> _Description of the task_
Give back only the lines in the records below from the one with "abbrev pub two_digits" to the one with "split_fields (suc n) [] = [] ∷ []", both inclusive, word for word.

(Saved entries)
*** Block opens ***

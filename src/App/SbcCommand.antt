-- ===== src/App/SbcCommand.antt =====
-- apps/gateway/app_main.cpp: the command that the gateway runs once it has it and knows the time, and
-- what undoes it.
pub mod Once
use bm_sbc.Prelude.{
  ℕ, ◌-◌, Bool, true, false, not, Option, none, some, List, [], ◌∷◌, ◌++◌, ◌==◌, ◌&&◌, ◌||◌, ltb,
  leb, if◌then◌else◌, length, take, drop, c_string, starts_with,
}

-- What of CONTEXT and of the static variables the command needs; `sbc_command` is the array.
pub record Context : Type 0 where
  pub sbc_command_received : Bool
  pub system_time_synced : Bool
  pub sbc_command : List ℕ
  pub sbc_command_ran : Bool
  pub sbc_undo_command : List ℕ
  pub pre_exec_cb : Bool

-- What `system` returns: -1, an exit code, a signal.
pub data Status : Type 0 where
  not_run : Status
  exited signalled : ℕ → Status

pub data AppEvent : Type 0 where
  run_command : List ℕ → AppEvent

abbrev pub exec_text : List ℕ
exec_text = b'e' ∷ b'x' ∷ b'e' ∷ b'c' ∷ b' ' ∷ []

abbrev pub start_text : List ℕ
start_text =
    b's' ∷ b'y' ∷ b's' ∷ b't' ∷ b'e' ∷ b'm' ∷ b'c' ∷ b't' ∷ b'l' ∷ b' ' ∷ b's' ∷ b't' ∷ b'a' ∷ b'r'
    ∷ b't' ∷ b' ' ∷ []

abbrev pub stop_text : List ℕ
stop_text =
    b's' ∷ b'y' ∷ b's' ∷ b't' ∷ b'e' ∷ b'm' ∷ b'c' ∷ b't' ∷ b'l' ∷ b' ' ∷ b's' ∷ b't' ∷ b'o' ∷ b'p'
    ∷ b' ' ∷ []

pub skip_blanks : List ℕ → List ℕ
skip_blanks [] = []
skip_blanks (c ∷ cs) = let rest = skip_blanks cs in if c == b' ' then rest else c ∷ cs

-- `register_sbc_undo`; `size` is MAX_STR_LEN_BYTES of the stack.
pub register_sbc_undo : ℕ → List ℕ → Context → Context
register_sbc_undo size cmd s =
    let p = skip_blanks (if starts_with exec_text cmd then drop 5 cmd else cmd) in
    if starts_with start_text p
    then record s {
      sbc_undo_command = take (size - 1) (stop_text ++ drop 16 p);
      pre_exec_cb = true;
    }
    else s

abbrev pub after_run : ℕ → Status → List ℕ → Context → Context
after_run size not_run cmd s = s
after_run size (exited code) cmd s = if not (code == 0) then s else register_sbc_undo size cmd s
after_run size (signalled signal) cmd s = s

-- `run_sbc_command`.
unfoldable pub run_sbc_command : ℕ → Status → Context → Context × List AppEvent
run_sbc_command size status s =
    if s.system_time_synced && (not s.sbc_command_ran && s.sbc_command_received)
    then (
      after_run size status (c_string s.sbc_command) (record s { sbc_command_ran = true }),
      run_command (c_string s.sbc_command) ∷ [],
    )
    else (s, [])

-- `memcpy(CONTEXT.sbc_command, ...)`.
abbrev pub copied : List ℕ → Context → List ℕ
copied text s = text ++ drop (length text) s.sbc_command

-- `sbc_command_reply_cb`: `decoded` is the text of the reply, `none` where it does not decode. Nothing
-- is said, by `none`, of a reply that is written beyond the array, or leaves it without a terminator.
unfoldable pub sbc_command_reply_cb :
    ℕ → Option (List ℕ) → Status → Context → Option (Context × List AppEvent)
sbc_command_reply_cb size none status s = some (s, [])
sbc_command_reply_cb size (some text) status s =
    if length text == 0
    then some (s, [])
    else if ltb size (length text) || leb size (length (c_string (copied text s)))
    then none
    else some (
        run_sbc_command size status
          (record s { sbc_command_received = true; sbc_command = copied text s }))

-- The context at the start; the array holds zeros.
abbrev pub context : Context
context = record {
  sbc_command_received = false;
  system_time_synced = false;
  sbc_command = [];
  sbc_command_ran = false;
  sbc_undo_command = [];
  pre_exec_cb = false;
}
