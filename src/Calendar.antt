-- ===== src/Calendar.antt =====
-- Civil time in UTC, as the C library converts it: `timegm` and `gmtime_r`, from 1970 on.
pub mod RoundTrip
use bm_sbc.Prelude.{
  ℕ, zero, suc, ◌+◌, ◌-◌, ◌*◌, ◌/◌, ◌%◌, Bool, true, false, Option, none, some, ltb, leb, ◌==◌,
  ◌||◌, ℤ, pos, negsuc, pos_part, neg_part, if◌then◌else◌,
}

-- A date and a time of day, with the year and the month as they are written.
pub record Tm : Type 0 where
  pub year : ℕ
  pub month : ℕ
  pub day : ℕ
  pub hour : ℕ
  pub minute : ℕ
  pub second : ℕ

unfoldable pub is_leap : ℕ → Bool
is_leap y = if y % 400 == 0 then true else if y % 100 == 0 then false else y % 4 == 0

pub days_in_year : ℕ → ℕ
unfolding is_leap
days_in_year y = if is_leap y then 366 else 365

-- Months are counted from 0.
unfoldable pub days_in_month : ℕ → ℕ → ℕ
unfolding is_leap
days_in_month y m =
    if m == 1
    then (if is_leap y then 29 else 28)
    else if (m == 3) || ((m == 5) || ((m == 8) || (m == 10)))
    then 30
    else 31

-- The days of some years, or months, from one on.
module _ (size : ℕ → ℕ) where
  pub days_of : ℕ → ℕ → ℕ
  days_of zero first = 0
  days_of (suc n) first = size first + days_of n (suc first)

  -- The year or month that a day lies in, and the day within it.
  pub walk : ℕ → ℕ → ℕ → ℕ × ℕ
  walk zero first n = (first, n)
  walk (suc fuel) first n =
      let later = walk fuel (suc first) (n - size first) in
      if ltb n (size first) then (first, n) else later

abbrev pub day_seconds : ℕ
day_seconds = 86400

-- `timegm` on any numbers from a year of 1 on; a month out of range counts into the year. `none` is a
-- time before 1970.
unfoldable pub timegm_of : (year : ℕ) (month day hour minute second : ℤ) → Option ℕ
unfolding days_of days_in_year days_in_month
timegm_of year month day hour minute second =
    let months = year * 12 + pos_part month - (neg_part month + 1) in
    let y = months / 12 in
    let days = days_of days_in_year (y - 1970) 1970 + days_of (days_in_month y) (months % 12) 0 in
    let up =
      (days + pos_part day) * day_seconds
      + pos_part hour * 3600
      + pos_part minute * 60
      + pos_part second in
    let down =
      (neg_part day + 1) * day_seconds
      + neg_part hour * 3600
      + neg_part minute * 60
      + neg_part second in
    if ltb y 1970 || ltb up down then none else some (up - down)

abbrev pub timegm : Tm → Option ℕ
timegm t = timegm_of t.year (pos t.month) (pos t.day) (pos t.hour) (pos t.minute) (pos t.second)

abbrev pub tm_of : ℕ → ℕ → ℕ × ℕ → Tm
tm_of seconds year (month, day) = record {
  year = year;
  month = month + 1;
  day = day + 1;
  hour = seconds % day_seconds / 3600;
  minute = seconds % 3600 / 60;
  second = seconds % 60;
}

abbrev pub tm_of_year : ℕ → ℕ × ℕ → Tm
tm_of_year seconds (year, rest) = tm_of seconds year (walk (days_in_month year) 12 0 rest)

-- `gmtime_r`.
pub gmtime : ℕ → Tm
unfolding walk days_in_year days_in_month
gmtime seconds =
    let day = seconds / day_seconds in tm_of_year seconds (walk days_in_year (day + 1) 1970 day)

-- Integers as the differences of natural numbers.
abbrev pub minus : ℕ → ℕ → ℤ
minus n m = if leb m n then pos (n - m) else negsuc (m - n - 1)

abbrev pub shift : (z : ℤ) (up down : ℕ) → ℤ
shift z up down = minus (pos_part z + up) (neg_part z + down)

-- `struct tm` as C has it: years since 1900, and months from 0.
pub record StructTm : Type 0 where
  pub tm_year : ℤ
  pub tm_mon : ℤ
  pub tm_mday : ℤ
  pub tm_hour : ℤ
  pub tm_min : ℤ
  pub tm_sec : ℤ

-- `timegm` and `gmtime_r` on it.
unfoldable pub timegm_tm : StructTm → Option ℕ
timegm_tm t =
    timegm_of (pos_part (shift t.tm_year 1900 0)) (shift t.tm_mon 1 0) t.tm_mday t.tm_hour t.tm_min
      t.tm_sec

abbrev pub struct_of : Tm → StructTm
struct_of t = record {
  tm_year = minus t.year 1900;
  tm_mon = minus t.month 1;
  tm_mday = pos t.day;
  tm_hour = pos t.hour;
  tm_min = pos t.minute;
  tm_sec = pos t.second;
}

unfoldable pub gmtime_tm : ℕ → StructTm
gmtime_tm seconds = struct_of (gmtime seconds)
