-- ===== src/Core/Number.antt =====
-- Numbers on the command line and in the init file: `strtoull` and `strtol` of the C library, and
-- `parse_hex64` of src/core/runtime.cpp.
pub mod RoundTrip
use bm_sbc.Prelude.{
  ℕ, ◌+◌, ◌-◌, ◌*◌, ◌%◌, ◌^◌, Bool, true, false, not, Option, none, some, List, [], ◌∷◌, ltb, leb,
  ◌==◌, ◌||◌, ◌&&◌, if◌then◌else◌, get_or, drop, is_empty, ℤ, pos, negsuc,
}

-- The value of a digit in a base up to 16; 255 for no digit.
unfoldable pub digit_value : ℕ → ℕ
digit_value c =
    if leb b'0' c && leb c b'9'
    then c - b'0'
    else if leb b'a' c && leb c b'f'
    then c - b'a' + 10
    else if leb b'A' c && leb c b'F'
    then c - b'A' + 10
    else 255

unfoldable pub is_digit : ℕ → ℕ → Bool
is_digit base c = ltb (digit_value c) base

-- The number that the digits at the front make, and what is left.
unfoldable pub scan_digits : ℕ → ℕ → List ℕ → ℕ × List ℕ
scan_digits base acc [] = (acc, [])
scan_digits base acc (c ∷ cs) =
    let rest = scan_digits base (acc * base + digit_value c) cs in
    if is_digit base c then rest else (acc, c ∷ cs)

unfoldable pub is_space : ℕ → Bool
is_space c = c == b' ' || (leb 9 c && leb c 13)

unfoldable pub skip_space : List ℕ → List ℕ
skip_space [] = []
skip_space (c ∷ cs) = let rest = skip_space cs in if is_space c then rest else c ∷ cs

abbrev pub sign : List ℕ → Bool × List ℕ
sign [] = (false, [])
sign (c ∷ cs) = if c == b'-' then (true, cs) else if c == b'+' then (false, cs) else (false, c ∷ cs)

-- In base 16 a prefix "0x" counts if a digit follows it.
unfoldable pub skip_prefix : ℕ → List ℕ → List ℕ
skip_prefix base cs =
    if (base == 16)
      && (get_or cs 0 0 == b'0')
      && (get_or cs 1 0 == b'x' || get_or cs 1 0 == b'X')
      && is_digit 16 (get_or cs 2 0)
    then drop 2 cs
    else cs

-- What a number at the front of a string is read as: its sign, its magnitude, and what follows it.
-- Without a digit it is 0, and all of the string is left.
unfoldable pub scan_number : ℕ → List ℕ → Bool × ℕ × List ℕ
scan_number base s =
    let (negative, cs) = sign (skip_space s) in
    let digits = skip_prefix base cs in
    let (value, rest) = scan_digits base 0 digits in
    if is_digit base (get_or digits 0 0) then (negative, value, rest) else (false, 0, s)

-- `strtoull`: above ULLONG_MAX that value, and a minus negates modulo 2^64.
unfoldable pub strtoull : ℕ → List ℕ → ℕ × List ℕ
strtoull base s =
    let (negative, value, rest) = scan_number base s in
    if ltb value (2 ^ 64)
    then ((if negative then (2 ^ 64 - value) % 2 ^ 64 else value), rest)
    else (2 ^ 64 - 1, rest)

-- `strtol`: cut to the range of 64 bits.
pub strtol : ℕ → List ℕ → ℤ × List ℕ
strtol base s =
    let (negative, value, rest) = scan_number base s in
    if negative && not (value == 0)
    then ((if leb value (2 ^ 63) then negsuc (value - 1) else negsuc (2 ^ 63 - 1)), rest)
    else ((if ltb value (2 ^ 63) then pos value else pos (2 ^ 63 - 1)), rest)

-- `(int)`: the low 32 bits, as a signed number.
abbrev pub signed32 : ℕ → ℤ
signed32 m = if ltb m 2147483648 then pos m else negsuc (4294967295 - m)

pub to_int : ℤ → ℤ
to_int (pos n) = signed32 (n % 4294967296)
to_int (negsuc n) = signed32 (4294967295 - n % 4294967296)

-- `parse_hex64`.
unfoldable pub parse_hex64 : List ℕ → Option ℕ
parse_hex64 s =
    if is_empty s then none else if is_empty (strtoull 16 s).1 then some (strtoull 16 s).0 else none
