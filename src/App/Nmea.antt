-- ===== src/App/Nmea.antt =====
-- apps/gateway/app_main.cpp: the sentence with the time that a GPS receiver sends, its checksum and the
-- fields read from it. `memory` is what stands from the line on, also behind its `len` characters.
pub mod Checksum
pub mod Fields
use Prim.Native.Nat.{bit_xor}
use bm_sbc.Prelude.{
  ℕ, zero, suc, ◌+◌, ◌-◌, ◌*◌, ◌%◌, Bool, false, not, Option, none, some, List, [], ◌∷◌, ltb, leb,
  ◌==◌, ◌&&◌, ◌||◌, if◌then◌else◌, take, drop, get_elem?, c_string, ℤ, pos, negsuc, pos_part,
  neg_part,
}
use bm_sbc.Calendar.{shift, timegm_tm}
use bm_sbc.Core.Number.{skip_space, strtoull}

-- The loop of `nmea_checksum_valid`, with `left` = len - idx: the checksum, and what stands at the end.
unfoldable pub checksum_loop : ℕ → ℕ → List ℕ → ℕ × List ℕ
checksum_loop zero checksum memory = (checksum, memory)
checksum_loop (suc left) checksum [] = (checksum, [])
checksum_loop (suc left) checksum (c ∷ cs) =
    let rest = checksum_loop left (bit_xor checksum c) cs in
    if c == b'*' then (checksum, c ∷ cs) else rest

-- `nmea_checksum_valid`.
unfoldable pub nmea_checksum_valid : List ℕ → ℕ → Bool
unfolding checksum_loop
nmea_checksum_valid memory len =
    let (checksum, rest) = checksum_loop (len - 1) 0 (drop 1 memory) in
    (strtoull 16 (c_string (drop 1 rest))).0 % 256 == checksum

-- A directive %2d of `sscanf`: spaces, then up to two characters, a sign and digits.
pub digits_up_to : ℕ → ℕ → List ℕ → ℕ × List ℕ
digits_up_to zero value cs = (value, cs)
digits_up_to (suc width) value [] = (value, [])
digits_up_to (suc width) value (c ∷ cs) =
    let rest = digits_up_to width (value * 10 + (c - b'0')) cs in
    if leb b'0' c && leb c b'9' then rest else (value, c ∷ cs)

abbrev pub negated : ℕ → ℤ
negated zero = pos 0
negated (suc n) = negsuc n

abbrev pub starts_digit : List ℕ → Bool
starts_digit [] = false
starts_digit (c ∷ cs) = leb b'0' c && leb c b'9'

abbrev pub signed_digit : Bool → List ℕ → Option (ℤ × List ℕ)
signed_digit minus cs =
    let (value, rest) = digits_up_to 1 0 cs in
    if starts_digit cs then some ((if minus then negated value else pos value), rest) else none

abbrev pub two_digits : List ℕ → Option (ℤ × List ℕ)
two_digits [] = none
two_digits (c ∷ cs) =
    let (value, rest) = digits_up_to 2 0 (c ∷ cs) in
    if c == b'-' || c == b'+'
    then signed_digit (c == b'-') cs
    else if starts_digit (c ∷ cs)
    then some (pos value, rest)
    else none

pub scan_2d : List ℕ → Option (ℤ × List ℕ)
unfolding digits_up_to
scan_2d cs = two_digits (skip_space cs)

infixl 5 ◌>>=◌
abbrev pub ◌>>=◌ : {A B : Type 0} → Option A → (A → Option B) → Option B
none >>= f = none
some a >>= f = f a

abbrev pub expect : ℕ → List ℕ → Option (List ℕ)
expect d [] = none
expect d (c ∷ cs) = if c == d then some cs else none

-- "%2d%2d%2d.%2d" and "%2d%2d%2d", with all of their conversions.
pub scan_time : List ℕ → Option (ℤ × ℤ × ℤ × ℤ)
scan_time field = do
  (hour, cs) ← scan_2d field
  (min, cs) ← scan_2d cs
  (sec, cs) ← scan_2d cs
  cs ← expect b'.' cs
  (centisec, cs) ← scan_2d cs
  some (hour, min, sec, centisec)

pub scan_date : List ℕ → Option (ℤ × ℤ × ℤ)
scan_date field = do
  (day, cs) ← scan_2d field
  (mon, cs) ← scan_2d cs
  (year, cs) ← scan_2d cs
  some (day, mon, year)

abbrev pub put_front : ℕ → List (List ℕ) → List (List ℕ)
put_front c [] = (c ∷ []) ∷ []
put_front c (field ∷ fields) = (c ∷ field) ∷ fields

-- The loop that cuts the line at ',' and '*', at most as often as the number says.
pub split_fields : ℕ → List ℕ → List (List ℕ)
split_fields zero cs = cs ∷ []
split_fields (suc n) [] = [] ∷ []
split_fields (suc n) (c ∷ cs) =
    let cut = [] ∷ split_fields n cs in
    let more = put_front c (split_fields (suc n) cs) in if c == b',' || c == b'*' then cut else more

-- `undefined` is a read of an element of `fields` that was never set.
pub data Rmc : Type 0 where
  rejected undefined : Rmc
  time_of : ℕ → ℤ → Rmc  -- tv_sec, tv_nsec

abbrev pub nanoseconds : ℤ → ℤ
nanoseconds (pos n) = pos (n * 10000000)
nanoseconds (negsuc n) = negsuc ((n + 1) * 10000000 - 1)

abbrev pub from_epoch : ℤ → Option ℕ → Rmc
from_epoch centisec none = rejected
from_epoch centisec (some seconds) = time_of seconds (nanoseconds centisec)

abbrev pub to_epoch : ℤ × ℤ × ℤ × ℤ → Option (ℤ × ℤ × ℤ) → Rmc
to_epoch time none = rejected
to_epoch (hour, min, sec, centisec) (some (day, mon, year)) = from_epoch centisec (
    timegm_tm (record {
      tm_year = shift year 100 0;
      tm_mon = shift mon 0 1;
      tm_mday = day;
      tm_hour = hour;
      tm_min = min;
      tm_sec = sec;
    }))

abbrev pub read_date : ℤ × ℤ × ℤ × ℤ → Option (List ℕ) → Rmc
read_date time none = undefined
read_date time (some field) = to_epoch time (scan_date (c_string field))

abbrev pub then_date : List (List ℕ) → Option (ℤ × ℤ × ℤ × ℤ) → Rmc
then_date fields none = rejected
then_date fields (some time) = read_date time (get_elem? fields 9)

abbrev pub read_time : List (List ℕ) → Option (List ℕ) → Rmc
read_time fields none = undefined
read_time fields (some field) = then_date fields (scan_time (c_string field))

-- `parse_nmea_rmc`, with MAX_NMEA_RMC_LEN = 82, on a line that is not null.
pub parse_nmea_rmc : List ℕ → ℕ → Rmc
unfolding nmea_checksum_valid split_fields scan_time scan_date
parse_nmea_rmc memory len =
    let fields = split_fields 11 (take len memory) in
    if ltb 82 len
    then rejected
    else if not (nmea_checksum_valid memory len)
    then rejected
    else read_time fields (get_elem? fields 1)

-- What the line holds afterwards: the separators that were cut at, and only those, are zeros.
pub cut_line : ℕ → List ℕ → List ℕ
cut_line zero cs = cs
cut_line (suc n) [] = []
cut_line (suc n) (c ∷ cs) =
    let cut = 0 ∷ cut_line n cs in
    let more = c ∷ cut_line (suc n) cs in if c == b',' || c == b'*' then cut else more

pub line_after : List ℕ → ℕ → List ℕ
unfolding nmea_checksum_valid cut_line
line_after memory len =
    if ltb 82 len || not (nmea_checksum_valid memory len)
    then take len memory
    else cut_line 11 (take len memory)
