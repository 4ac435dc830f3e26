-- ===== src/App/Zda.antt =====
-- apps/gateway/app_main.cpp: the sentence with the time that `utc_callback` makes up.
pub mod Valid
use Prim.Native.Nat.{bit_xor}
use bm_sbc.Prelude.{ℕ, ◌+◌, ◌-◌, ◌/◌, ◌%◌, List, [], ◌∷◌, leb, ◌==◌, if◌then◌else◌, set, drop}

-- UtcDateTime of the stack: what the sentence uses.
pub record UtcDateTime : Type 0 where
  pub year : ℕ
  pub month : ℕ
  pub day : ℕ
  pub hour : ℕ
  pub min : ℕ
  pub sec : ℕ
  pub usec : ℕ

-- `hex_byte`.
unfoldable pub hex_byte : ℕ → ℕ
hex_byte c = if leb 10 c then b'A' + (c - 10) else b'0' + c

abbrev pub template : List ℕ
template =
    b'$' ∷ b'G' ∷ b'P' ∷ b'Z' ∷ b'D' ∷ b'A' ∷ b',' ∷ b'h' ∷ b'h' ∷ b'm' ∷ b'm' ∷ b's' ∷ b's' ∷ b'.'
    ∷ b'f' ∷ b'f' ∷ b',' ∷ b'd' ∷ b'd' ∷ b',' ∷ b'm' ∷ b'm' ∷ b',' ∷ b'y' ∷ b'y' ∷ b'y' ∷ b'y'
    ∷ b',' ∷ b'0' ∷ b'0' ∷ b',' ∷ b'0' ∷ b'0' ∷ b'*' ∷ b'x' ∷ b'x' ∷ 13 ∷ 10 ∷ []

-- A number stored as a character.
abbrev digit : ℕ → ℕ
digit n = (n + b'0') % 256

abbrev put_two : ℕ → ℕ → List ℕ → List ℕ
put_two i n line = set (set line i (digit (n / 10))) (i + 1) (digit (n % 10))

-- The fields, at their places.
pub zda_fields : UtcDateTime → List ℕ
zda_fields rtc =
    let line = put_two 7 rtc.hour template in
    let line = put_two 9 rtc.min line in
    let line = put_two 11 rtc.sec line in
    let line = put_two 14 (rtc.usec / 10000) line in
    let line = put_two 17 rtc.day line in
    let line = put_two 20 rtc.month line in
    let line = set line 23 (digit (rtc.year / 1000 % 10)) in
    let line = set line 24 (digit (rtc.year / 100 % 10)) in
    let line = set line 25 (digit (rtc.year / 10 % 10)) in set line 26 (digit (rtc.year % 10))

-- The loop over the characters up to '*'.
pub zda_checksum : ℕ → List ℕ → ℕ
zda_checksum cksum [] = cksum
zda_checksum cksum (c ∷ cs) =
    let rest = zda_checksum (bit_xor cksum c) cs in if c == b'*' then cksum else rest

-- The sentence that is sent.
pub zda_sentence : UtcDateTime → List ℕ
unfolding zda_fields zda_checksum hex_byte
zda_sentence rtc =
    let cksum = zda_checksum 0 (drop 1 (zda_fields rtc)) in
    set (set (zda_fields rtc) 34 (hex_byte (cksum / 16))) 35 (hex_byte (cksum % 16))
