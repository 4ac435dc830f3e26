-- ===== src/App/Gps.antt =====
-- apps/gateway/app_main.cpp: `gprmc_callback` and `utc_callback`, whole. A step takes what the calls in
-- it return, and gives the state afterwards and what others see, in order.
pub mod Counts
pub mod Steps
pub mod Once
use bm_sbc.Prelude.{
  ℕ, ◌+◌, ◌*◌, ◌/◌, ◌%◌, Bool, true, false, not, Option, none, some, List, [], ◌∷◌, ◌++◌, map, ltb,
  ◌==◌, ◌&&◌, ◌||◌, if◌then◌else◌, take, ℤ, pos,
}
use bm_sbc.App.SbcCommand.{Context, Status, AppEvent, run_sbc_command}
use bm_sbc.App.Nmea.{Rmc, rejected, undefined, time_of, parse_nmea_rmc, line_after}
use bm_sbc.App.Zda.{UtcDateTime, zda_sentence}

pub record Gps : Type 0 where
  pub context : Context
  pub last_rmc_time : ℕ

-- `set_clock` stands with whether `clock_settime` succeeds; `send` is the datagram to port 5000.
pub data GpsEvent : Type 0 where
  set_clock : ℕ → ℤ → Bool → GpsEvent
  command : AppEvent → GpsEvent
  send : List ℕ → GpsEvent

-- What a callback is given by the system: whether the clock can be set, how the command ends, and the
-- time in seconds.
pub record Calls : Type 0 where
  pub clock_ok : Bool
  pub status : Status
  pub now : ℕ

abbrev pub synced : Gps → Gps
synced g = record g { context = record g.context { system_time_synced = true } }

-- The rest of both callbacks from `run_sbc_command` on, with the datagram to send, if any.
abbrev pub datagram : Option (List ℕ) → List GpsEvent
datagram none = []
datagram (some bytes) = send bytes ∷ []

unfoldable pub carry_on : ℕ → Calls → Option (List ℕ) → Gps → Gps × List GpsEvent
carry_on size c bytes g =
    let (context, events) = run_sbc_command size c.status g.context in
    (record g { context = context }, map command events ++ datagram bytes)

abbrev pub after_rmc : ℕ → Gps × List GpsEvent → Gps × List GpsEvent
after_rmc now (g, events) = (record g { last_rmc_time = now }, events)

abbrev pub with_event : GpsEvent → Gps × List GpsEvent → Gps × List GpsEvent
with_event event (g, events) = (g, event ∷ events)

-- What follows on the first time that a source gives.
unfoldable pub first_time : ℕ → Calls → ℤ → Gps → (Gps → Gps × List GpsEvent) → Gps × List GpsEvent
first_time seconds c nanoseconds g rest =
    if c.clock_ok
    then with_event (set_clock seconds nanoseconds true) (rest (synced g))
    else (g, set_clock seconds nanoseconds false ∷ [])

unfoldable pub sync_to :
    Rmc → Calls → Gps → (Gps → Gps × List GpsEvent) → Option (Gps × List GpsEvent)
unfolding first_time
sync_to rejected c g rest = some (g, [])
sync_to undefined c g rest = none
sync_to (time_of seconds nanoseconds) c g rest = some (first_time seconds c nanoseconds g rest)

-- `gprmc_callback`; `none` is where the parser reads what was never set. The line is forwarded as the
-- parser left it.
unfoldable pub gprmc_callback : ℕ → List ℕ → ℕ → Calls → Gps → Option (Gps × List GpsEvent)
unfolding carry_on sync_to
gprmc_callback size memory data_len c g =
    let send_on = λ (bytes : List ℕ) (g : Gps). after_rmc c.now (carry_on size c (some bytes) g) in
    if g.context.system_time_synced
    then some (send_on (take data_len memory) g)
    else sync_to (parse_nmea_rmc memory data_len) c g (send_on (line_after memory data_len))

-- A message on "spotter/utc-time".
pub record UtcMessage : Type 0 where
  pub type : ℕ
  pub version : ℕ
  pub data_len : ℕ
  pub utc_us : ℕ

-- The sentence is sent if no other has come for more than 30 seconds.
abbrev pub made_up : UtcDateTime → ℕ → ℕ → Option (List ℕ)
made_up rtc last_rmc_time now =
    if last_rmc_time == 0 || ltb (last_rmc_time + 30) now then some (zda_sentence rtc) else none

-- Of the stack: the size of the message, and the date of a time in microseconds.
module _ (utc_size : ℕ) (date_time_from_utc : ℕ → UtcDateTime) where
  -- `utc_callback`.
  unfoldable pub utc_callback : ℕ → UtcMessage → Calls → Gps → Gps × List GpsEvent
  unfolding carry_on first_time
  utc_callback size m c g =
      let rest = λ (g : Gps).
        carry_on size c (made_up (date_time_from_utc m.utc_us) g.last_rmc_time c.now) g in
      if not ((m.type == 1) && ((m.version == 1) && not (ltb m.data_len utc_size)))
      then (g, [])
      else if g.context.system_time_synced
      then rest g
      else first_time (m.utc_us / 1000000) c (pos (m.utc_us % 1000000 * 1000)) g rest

*** Block closes ***

> _Worked solution_
abbrev pub two_digits : List ℕ → Option (ℤ × List ℕ)
two_digits [] = none
two_digits (c ∷ cs) =
    let (value, rest) = digits_up_to 2 0 (c ∷ cs) in
    if c == b'-' || c == b'+'
    then signed_digit (c == b'-') cs
    else if starts_digit (c ∷ cs)
    then some (pos value, rest)
    else none

pub scan_2d : List ℕ → Option (ℤ × List ℕ)
unfolding digits_up_to
scan_2d cs = two_digits (skip_space cs)

infixl 5 ◌>>=◌
abbrev pub ◌>>=◌ : {A B : Type 0} → Option A → (A → Option B) → Option B
none >>= f = none
some a >>= f = f a

abbrev pub expect : ℕ → List ℕ → Option (List ℕ)
expect d [] = none
expect d (c ∷ cs) = if c == d then some cs else none

-- "%2d%2d%2d.%2d" and "%2d%2d%2d", with all of their conversions.
pub scan_time : List ℕ → Option (ℤ × ℤ × ℤ × ℤ)
scan_time field = do
  (hour, cs) ← scan_2d field
  (min, cs) ← scan_2d cs
  (sec, cs) ← scan_2d cs
  cs ← expect b'.' cs
  (centisec, cs) ← scan_2d cs
  some (hour, min, sec, centisec)

pub scan_date : List ℕ → Option (ℤ × ℤ × ℤ)
scan_date field = do
  (day, cs) ← scan_2d field
  (mon, cs) ← scan_2d cs
  (year, cs) ← scan_2d cs
  some (day, mon, year)

abbrev pub put_front : ℕ → List (List ℕ) → List (List ℕ)
put_front c [] = (c ∷ []) ∷ []
put_front c (field ∷ fields) = (c ∷ field) ∷ fields

-- The loop that cuts the line at ',' and '*', at most as often as the number says.
pub split_fields : ℕ → List ℕ → List (List ℕ)
split_fields zero cs = cs ∷ []
split_fields (suc n) [] = [] ∷ []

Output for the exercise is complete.